DATASET RECORDS: Begin
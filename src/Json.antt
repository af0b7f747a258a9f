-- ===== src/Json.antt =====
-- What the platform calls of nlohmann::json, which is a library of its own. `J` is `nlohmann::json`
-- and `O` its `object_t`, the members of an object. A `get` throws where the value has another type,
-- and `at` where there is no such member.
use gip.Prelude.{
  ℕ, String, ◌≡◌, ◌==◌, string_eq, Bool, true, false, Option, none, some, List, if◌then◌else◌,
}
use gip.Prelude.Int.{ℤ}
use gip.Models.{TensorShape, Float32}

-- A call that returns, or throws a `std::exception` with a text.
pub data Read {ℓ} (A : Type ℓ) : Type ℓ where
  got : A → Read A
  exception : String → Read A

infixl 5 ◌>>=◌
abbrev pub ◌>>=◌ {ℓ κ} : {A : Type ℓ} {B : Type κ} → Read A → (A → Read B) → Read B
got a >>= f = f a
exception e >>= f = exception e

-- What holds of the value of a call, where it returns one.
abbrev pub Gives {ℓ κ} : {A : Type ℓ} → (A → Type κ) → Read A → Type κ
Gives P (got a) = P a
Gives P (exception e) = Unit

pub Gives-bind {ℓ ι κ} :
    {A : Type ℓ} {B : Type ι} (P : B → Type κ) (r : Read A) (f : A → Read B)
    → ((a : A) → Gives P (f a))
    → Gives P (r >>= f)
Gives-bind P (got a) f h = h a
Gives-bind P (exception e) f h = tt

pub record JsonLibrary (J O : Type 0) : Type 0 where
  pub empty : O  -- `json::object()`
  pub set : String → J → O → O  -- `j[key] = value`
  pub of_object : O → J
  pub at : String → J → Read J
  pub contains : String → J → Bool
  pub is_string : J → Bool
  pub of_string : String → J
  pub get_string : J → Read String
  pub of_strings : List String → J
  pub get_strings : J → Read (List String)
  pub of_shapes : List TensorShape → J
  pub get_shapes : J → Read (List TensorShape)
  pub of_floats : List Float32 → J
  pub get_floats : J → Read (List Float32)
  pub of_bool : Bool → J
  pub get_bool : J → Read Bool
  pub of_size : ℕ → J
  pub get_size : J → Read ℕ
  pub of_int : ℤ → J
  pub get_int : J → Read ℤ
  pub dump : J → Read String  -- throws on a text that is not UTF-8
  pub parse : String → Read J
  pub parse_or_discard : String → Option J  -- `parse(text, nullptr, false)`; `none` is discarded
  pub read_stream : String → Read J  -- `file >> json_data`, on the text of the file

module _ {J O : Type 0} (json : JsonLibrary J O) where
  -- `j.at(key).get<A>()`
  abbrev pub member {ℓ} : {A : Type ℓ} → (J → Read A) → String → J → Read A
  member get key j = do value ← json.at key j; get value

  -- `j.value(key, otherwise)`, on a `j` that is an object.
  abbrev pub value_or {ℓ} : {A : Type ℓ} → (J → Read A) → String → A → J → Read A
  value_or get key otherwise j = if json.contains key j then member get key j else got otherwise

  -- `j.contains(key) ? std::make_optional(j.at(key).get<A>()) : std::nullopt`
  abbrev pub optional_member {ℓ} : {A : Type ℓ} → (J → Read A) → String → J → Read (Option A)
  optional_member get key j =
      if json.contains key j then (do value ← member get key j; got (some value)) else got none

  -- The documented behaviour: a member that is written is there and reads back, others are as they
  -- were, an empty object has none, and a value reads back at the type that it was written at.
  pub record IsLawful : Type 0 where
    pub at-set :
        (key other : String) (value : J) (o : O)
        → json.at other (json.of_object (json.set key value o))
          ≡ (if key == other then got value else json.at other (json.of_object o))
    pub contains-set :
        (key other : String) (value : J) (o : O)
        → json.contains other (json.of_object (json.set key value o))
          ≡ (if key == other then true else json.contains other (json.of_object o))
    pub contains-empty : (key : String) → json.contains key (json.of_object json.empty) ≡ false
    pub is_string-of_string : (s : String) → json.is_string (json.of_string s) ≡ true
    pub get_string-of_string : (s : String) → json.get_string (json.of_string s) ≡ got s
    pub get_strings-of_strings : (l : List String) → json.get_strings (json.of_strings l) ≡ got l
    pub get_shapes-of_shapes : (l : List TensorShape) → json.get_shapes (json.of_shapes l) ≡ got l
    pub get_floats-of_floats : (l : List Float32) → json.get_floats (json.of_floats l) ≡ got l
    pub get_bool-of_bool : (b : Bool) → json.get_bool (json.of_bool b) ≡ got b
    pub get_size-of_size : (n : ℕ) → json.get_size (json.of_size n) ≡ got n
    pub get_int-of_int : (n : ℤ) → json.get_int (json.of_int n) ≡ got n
DATASET RECORDS: End
DATASET RECORDS: Begin
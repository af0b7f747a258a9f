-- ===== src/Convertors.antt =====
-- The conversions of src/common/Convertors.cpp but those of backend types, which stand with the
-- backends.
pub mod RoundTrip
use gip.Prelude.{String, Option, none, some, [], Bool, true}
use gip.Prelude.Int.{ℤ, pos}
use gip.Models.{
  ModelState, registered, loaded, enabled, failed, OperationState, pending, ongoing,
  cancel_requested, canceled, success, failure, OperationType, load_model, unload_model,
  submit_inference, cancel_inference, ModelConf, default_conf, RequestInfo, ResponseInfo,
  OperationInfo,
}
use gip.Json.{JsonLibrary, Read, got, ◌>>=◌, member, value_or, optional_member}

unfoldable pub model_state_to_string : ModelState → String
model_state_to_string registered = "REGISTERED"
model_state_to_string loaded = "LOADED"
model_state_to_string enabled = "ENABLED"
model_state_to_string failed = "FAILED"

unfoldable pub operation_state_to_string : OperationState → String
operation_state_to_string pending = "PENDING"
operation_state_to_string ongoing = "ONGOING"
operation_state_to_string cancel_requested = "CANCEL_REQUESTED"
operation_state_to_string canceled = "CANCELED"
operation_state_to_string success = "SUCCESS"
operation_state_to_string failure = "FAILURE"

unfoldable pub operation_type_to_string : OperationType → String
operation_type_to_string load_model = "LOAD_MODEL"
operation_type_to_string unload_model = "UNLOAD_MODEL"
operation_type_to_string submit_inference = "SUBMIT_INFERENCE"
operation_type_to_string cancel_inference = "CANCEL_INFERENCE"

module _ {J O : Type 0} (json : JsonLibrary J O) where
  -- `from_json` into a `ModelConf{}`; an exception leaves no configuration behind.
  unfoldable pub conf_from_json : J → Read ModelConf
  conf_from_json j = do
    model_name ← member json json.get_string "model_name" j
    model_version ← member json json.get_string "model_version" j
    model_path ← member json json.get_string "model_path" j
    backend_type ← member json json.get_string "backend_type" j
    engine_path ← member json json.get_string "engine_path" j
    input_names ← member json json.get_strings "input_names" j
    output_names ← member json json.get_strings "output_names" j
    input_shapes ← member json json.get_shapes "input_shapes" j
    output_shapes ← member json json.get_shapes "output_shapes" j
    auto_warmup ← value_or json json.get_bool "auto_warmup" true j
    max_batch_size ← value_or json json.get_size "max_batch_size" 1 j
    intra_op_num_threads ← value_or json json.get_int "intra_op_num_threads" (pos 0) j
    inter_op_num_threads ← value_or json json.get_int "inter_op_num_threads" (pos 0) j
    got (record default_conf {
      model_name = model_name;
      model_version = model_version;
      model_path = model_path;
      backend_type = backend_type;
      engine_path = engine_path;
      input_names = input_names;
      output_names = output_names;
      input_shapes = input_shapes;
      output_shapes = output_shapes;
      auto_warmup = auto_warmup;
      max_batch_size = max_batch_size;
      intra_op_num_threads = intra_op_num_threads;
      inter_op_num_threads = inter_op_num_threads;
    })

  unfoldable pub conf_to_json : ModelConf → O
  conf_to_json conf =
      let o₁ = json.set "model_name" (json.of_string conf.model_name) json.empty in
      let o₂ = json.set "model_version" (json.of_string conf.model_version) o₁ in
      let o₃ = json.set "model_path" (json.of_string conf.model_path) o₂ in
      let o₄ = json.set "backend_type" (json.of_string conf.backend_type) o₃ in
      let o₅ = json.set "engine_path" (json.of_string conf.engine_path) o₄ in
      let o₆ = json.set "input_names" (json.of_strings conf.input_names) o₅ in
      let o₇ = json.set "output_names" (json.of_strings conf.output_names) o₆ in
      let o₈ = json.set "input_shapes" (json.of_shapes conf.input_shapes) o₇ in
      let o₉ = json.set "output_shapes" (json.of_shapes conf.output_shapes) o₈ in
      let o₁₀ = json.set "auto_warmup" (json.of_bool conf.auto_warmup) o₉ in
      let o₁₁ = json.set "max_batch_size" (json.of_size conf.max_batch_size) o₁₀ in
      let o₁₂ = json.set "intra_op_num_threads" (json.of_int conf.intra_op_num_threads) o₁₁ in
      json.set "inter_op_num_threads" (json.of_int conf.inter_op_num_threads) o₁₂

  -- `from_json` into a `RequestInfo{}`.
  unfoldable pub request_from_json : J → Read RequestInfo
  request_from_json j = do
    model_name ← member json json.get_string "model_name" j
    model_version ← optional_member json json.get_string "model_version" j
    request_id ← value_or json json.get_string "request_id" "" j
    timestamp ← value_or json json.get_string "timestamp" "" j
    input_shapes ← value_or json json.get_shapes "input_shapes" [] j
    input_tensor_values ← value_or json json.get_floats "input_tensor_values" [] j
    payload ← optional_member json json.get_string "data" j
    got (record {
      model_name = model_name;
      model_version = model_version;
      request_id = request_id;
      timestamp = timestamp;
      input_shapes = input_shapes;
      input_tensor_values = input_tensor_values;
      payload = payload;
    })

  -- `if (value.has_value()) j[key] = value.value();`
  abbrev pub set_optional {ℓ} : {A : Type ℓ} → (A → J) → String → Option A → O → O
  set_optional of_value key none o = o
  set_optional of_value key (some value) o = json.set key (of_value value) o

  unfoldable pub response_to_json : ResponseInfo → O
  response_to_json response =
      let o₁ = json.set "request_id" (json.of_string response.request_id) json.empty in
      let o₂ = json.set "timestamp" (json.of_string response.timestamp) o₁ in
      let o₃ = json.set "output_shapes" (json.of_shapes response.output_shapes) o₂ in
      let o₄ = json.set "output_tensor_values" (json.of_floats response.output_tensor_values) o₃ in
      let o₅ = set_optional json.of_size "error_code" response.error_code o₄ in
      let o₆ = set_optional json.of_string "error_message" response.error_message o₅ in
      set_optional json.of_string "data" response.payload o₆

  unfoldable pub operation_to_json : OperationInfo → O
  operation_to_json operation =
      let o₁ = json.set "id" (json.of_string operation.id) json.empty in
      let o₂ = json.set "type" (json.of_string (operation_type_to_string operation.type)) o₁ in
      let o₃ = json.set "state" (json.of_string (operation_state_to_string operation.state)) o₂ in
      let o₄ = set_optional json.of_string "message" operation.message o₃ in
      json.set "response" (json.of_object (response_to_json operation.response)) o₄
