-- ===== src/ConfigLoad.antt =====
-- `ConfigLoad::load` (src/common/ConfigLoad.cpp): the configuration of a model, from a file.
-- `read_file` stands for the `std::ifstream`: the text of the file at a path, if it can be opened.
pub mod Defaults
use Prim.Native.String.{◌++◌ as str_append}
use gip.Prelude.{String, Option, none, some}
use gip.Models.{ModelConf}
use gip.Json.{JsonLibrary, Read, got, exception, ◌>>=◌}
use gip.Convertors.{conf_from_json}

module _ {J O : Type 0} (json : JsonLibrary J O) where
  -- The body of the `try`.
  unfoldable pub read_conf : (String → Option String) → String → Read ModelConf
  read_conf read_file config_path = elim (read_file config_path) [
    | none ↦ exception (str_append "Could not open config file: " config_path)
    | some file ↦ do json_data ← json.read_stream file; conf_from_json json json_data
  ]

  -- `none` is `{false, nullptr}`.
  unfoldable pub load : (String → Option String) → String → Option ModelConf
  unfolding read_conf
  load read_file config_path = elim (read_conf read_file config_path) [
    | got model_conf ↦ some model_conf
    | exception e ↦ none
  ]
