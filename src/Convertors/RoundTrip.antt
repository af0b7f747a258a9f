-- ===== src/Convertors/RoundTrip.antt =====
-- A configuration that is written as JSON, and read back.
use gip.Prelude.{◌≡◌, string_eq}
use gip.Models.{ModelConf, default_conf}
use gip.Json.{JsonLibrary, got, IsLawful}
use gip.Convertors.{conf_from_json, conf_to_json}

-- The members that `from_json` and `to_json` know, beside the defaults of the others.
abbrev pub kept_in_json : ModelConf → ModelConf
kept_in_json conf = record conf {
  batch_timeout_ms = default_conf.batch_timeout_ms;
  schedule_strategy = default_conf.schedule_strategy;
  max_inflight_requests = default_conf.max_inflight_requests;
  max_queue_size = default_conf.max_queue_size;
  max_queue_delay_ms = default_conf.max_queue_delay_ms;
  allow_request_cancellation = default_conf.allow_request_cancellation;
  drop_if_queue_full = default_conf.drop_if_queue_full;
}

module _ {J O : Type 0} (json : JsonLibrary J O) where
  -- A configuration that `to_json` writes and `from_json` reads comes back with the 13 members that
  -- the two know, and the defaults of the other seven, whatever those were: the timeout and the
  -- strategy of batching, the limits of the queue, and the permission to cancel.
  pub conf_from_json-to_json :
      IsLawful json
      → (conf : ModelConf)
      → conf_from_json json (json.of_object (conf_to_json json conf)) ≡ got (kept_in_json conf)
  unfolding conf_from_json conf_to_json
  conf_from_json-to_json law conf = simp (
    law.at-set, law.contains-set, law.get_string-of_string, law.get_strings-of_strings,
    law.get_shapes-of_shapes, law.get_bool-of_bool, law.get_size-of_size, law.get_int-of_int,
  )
DATASET RECORDS: End
WORK REQUIRED → Retype exactly the lines above, from the one with "input_names ← member" through the one with "output_shapes ← member", inclusive.

RESPONSE FOR THIS EXERCISE →
    input_names ← member json json.get_strings "input_names" j
    output_names ← member json json.get_strings "output_names" j
    input_shapes ← member json json.get_shapes "input_shapes" j
    output_shapes ← member json json.get_shapes "output_shapes" j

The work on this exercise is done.